## What you will do
What is needed here is an exact reprint of every record below.

## Available records
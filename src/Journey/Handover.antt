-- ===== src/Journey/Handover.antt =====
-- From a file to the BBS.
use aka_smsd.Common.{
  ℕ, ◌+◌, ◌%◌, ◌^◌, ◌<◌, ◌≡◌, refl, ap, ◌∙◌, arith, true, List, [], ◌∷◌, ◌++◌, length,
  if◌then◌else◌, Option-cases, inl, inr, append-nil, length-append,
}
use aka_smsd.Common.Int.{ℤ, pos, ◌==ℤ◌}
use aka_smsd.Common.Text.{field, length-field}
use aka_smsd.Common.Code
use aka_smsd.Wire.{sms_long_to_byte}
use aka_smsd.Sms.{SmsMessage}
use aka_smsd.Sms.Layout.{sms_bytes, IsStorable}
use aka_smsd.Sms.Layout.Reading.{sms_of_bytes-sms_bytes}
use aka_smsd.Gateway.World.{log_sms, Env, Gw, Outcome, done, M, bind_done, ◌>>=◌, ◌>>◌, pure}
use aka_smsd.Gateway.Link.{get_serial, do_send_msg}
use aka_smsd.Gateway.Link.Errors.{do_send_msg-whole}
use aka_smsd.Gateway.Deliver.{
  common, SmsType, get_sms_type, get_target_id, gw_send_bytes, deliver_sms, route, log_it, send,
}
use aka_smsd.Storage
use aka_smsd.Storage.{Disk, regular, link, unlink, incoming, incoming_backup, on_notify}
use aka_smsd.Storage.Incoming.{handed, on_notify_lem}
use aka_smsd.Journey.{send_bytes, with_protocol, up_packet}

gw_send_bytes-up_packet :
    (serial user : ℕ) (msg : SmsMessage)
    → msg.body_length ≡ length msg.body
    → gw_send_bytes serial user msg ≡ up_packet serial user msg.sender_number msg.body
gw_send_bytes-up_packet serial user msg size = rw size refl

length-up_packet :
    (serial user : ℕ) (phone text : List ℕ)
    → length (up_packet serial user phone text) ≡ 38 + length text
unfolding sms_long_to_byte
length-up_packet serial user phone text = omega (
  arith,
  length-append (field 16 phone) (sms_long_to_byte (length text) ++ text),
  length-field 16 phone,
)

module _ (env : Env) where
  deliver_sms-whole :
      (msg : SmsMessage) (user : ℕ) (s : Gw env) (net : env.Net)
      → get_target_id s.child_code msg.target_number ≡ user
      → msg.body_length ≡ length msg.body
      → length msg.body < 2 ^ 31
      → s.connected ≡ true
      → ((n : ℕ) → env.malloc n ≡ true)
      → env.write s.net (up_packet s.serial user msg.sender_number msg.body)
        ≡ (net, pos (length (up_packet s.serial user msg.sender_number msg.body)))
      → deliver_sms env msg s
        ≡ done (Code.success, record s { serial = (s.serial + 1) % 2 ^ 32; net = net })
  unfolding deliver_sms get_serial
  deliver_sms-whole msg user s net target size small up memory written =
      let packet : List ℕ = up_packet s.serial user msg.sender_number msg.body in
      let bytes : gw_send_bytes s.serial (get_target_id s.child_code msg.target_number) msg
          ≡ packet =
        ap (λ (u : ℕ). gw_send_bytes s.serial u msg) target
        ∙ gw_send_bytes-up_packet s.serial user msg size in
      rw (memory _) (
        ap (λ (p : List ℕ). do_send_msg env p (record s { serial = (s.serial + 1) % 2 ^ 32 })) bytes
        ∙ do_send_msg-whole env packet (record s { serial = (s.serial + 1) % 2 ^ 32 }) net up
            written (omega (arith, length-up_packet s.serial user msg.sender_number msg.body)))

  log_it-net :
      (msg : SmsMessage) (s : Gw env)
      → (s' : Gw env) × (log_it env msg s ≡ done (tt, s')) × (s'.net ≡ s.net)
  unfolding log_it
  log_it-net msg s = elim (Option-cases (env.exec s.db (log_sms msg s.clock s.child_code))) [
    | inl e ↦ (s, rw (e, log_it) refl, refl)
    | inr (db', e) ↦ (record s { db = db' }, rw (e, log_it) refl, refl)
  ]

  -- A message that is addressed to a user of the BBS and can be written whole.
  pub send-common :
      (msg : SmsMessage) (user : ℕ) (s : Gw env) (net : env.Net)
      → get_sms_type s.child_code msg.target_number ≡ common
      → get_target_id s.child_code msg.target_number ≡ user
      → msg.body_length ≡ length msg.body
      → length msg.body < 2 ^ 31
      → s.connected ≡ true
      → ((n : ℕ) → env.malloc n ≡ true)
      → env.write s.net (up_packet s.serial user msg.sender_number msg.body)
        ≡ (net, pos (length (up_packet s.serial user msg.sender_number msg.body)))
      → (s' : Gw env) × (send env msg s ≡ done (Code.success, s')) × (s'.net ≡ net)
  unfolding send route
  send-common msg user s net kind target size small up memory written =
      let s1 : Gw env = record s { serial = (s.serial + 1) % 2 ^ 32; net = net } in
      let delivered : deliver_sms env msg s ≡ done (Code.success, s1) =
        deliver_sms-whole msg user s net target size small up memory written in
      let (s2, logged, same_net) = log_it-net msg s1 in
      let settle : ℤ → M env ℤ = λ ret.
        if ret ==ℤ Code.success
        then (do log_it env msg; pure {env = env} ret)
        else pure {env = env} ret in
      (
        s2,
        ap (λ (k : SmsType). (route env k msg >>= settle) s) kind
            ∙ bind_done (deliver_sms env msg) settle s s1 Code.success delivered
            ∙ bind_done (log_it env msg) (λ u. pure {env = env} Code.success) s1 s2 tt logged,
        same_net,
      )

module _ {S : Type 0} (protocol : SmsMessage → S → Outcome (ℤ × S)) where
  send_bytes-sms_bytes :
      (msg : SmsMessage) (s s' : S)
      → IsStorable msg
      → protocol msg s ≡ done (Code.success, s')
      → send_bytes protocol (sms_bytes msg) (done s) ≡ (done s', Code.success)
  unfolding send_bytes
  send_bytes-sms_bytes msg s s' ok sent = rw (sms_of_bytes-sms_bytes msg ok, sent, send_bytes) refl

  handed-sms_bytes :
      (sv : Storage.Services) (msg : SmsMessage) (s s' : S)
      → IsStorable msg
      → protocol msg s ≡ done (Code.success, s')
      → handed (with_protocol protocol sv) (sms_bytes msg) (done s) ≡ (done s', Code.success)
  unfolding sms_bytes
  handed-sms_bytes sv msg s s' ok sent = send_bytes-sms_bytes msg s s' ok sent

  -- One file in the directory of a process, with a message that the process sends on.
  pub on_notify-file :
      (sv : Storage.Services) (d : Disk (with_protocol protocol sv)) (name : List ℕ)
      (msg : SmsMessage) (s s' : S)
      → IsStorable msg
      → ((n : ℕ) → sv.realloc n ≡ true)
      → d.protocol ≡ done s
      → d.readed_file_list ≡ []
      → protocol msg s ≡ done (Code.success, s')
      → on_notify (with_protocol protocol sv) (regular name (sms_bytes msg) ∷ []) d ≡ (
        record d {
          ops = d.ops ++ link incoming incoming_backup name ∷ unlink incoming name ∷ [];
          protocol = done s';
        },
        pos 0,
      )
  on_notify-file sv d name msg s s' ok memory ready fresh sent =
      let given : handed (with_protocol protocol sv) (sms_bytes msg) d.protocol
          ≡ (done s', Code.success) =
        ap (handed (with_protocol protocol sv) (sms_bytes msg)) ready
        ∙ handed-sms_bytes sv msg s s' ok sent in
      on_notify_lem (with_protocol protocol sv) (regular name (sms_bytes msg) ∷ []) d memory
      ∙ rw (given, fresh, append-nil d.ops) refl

## Finished exercise
filename src/Journey/Handover.antt
-- ===== src/Journey/Handover.antt =====
-- From a file to the BBS.
use aka_smsd.Common.{
  ℕ, ◌+◌, ◌%◌, ◌^◌, ◌<◌, ◌≡◌, refl, ap, ◌∙◌, arith, true, List, [], ◌∷◌, ◌++◌, length,
  if◌then◌else◌, Option-cases, inl, inr, append-nil, length-append,
}
use aka_smsd.Common.Int.{ℤ, pos, ◌==ℤ◌}
use aka_smsd.Common.Text.{field, length-field}
use aka_smsd.Common.Code
use aka_smsd.Wire.{sms_long_to_byte}
use aka_smsd.Sms.{SmsMessage}
use aka_smsd.Sms.Layout.{sms_bytes, IsStorable}
use aka_smsd.Sms.Layout.Reading.{sms_of_bytes-sms_bytes}
use aka_smsd.Gateway.World.{log_sms, Env, Gw, Outcome, done, M, bind_done, ◌>>=◌, ◌>>◌, pure}
use aka_smsd.Gateway.Link.{get_serial, do_send_msg}
use aka_smsd.Gateway.Link.Errors.{do_send_msg-whole}
use aka_smsd.Gateway.Deliver.{
  common, SmsType, get_sms_type, get_target_id, gw_send_bytes, deliver_sms, route, log_it, send,
}
use aka_smsd.Storage
use aka_smsd.Storage.{Disk, regular, link, unlink, incoming, incoming_backup, on_notify}
use aka_smsd.Storage.Incoming.{handed, on_notify_lem}
use aka_smsd.Journey.{send_bytes, with_protocol, up_packet}

gw_send_bytes-up_packet :
    (serial user : ℕ) (msg : SmsMessage)
    → msg.body_length ≡ length msg.body
    → gw_send_bytes serial user msg ≡ up_packet serial user msg.sender_number msg.body
gw_send_bytes-up_packet serial user msg size = rw size refl

length-up_packet :
    (serial user : ℕ) (phone text : List ℕ)
    → length (up_packet serial user phone text) ≡ 38 + length text
unfolding sms_long_to_byte
length-up_packet serial user phone text = omega (
  arith,
  length-append (field 16 phone) (sms_long_to_byte (length text) ++ text),
  length-field 16 phone,
)

module _ (env : Env) where
  deliver_sms-whole :
      (msg : SmsMessage) (user : ℕ) (s : Gw env) (net : env.Net)
      → get_target_id s.child_code msg.target_number ≡ user
      → msg.body_length ≡ length msg.body
      → length msg.body < 2 ^ 31
      → s.connected ≡ true
      → ((n : ℕ) → env.malloc n ≡ true)
      → env.write s.net (up_packet s.serial user msg.sender_number msg.body)
        ≡ (net, pos (length (up_packet s.serial user msg.sender_number msg.body)))
      → deliver_sms env msg s
        ≡ done (Code.success, record s { serial = (s.serial + 1) % 2 ^ 32; net = net })
  unfolding deliver_sms get_serial
  deliver_sms-whole msg user s net target size small up memory written =
      let packet : List ℕ = up_packet s.serial user msg.sender_number msg.body in
      let bytes : gw_send_bytes s.serial (get_target_id s.child_code msg.target_number) msg
          ≡ packet =
        ap (λ (u : ℕ). gw_send_bytes s.serial u msg) target
        ∙ gw_send_bytes-up_packet s.serial user msg size in
      rw (memory _) (
        ap (λ (p : List ℕ). do_send_msg env p (record s { serial = (s.serial + 1) % 2 ^ 32 })) bytes
        ∙ do_send_msg-whole env packet (record s { serial = (s.serial + 1) % 2 ^ 32 }) net up
            written (omega (arith, length-up_packet s.serial user msg.sender_number msg.body)))

  log_it-net :
      (msg : SmsMessage) (s : Gw env)
      → (s' : Gw env) × (log_it env msg s ≡ done (tt, s')) × (s'.net ≡ s.net)
  unfolding log_it
  log_it-net msg s = elim (Option-cases (env.exec s.db (log_sms msg s.clock s.child_code))) [
    | inl e ↦ (s, rw (e, log_it) refl, refl)
    | inr (db', e) ↦ (record s { db = db' }, rw (e, log_it) refl, refl)
  ]

  -- A message that is addressed to a user of the BBS and can be written whole.
  pub send-common :
      (msg : SmsMessage) (user : ℕ) (s : Gw env) (net : env.Net)
      → get_sms_type s.child_code msg.target_number ≡ common
      → get_target_id s.child_code msg.target_number ≡ user
      → msg.body_length ≡ length msg.body
      → length msg.body < 2 ^ 31
      → s.connected ≡ true
      → ((n : ℕ) → env.malloc n ≡ true)
      → env.write s.net (up_packet s.serial user msg.sender_number msg.body)
        ≡ (net, pos (length (up_packet s.serial user msg.sender_number msg.body)))
      → (s' : Gw env) × (send env msg s ≡ done (Code.success, s')) × (s'.net ≡ net)
  unfolding send route
  send-common msg user s net kind target size small up memory written =
      let s1 : Gw env = record s { serial = (s.serial + 1) % 2 ^ 32; net = net } in
      let delivered : deliver_sms env msg s ≡ done (Code.success, s1) =
        deliver_sms-whole msg user s net target size small up memory written in
      let (s2, logged, same_net) = log_it-net msg s1 in
      let settle : ℤ → M env ℤ = λ ret.
        if ret ==ℤ Code.success
        then (do log_it env msg; pure {env = env} ret)
        else pure {env = env} ret in
      (
        s2,
        ap (λ (k : SmsType). (route env k msg >>= settle) s) kind
            ∙ bind_done (deliver_sms env msg) settle s s1 Code.success delivered
            ∙ bind_done (log_it env msg) (λ u. pure {env = env} Code.success) s1 s2 tt logged,
        same_net,
      )

module _ {S : Type 0} (protocol : SmsMessage → S → Outcome (ℤ × S)) where
  send_bytes-sms_bytes :
      (msg : SmsMessage) (s s' : S)
      → IsStorable msg
      → protocol msg s ≡ done (Code.success, s')
      → send_bytes protocol (sms_bytes msg) (done s) ≡ (done s', Code.success)
  unfolding send_bytes
  send_bytes-sms_bytes msg s s' ok sent = rw (sms_of_bytes-sms_bytes msg ok, sent, send_bytes) refl

  handed-sms_bytes :
      (sv : Storage.Services) (msg : SmsMessage) (s s' : S)
      → IsStorable msg
      → protocol msg s ≡ done (Code.success, s')
      → handed (with_protocol protocol sv) (sms_bytes msg) (done s) ≡ (done s', Code.success)
  unfolding sms_bytes
  handed-sms_bytes sv msg s s' ok sent = send_bytes-sms_bytes msg s s' ok sent

  -- One file in the directory of a process, with a message that the process sends on.
  pub on_notify-file :
      (sv : Storage.Services) (d : Disk (with_protocol protocol sv)) (name : List ℕ)
      (msg : SmsMessage) (s s' : S)
      → IsStorable msg
      → ((n : ℕ) → sv.realloc n ≡ true)
      → d.protocol ≡ done s
      → d.readed_file_list ≡ []
      → protocol msg s ≡ done (Code.success, s')
      → on_notify (with_protocol protocol sv) (regular name (sms_bytes msg) ∷ []) d ≡ (
        record d {
          ops = d.ops ++ link incoming incoming_backup name ∷ unlink incoming name ∷ [];
          protocol = done s';
        },
        pos 0,
      )
  on_notify-file sv d name msg s s' ok memory ready fresh sent =
      let given : handed (with_protocol protocol sv) (sms_bytes msg) d.protocol
          ≡ (done s', Code.success) =
        ap (handed (with_protocol protocol sv) (sms_bytes msg)) ready
        ∙ handed-sms_bytes sv msg s s' ok sent in
      on_notify_lem (with_protocol protocol sv) (regular name (sms_bytes msg) ∷ []) d memory
      ∙ rw (given, fresh, append-nil d.ops) refl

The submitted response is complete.